Pildes follows a provocative essay by Richard Fallon (Harvard) two years ago critiquing the standards for law professors co-signing or authoring amicus briefs (here are both a draft and final version). Fallon’s essay generated both NY Times coverage as well as equally incisive replies (e.g., Amanda Frost’s (American) essay).
The Fallon debate yielded a particularly useful harvest. It prompted many academics to articulate their standards for writing or co-signing amicus briefs. The academy needs a similar debate to offer guidance to professors (particularly, but not exclusively, junior professors) on other aspects of policy engagement. What should professors consider in testifying before Congress or an agency? When to take on consulting or litigation work?
The questions Pildes raises assume a greater urgency because of institutional pressures he does not address in the essay. Budgetary pressures will undoubtedly pressure law schools and professors to seek more soft money grants and big hard money donations to fund programs and professorships. To what extent will this put pressure on the valuable role of academic dissent that Pildes rightly cherishes? This institutuional economic pressure may present more of a challenge to dissent than revived questions about academic tenure.
It is, however, by no means a new challenge. Bruce Ackerman, for example, holds the Sterling Professorship at Yale, which was funded by John William Sterling, founder of Shearman & Sterling and counsel to Standard Oil, Henry Ford, and Jay Gould. But institutional pressures on law schools and professors merit re-examining again and again with fresh eyes.
Here is the abstract for Pildes' chapter (after the jump):
This essay is meant to prompt professional self-reflection
for academics, particularly legal academics, on the appropriate relationship
between the pursuit of knowledge and the pursuit of power.
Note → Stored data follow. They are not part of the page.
-- ===== src/Http/Order.antt =====
-- The order of the keys of the maps of libcocao/http/http.h, CaseInsensitiveLess.
use native.Mathlib.Decide.{dec_lt}
use libcocao.Base.{ℕ, ◌≡◌, refl, ap, sym, ◌∙◌, ◌⊎◌, inl, inr, true, false, List, [], ◌∷◌, arith}
use libcocao.Log.{text_eq}
use libcocao.Log.Pattern.{text_eq_self}
use libcocao.Http.{fold, text_less, key_less, same_key}

-- How two texts lie in the order.
record IsBefore (s t : List ℕ) : Type 0 where
  is_less : text_less s t ≡ true
  not_greater : text_less t s ≡ false
  differs : text_eq s t ≡ false
  differs_back : text_eq t s ≡ false

text_cases : (s t : List ℕ) → IsBefore s t ⊎ IsBefore t s ⊎ (s ≡ t)
unfolding text_less
text_cases [] [] = inr (inr refl)
text_cases [] (y ∷ t) =
    inl (record { is_less = refl; not_greater = refl; differs = refl; differs_back = refl })
text_cases (x ∷ s) [] =
    inr (inl (record { is_less = refl; not_greater = refl; differs = refl; differs_back = refl }))
text_cases (x ∷ s) (y ∷ t) = elim (dec_lt x y) [
  | yes p ↦ inl (record {
    is_less = ground arith;
    not_greater = ground arith;
    differs = ground arith;
    differs_back = ground arith;
  })
  | no p ↦ elim (dec_lt y x) [
    | yes q ↦ inr (
        inl (record {
          is_less = ground arith;
          not_greater = ground arith;
          differs = ground arith;
          differs_back = ground arith;
        }))
    | no q ↦
        let same : x ≡ y = omega arith in
        elim (text_cases s t) [
          | inl b ↦ inl (record {
            is_less = ground (arith, b.is_less);
            not_greater = ground (arith, b.not_greater);
            differs = ground (arith, b.differs);
            differs_back = ground (arith, b.differs_back);
          })
          | inr (inl b) ↦ inr (
              inl (record {
                is_less = ground (arith, b.is_less);
                not_greater = ground (arith, b.not_greater);
                differs = ground (arith, b.differs);
                differs_back = ground (arith, b.differs_back);
              }))
          | inr (inr e) ↦ inr (inr (cc (same, e)))
        ]
  ]
]

text_less_self : (s : List ℕ) → text_less s s ≡ false
unfolding text_less
text_less_self [] = refl
text_less_self (x ∷ s) = ground (arith, text_less_self s)

text_less_trans :
    (s t u : List ℕ) → text_less s t ≡ true → text_less t u ≡ true → text_less s u ≡ true
unfolding text_less
text_less_trans s [] [] p q = absurd (ground arith)
text_less_trans s (y ∷ t) [] p q = absurd (ground arith)
text_less_trans [] [] (z ∷ u) p q = q
text_less_trans [] (y ∷ t) (z ∷ u) p q = refl
text_less_trans (x ∷ s) [] (z ∷ u) p q = absurd (ground arith)
text_less_trans (x ∷ s) (y ∷ t) (z ∷ u) p q = ground (arith, text_less_trans s t u)

-- How two keys lie: a proof of what every test of them answers.
pub data Place (j k : List ℕ) : Type 0 where
  before :
      key_less j k ≡ true
      → key_less k j ≡ false
      → same_key j k ≡ false
      → same_key k j ≡ false
      → Place j k
  behind :
      key_less j k ≡ false
      → key_less k j ≡ true
      → same_key j k ≡ false
      → same_key k j ≡ false
      → Place j k
  same : fold j ≡ fold k → Place j k

pub place : (j k : List ℕ) → Place j k
unfolding key_less same_key
place j k = elim (text_cases (fold j) (fold k)) [
  | inl b ↦ before b.is_less b.not_greater b.differs b.differs_back
  | inr (inl b) ↦ behind b.not_greater b.is_less b.differs_back b.differs
  | inr (inr e) ↦ same e
]

pub record IsSame (j k : List ℕ) : Type 0 where
  pub not_less : key_less j k ≡ false
  pub not_greater : key_less k j ≡ false
  pub is_equal : same_key j k ≡ true
  pub equal_back : same_key k j ≡ true

pub fold-IsSame : (j k : List ℕ) → fold j ≡ fold k → IsSame j k
unfolding key_less same_key
fold-IsSame j k e = record {
  not_less = ap (text_less (fold j)) (sym e) ∙ text_less_self (fold j);
  not_greater = ap (text_less (fold k)) e ∙ text_less_self (fold k);
  is_equal = ap (text_eq (fold j)) (sym e) ∙ text_eq_self (fold j);
  equal_back = ap (text_eq (fold k)) e ∙ text_eq_self (fold k);
}

pub same_key-left : (i j k : List ℕ) → fold i ≡ fold j → same_key i k ≡ same_key j k
unfolding same_key
same_key-left i j k e = ap (λ s. text_eq s (fold k)) e

pub same_key-right : (i j k : List ℕ) → fold i ≡ fold j → same_key k i ≡ same_key k j
unfolding same_key
same_key-right i j k e = ap (text_eq (fold k)) e

pub key_less_trans :
    (i j k : List ℕ) → key_less i j ≡ true → key_less j k ≡ true → key_less i k ≡ true
unfolding key_less
key_less_trans i j k = text_less_trans (fold i) (fold j) (fold k)

pub key_less-left : (i j k : List ℕ) → fold i ≡ fold j → key_less i k ≡ key_less j k
unfolding key_less
key_less-left i j k e = ap (λ s. text_less s (fold k)) e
Academic institutions, in theory, should be among the most robust sites in which dissent against conventional or widely-shared views of policy and law ought to find easy expression. That has long been part of the justification for the general principle of institutional academic freedom, as well as for specific organizational features of the academy, such as tenure.
Yet the legal academy risks being more compromised, and increasingly so, in its ability to play this role than is often recognized. The reason is the paradox of the relationship of legal academics to actual political power. Legal academics are not just independent scholars of public policy, law, legal or political institutions. They are also often direct participants in the systems of public and private power they study. Unlike academics in most other disciplines (except, perhaps, economics), legal academics have greater opportunity for effective influence over policy, law, and politics. The various forms of practical engagement which legal scholars undertake -- consulting, litigating, testifying to Congress or courts, service in government -- have significant benefits, both in the classroom and in scholarship. But they also come with significant risks, including risk to the ability to play an essential role that justifies academic institutions, the role of being able to stand apart from existing constellations of power or interest or conventional wisdom on issues of moment.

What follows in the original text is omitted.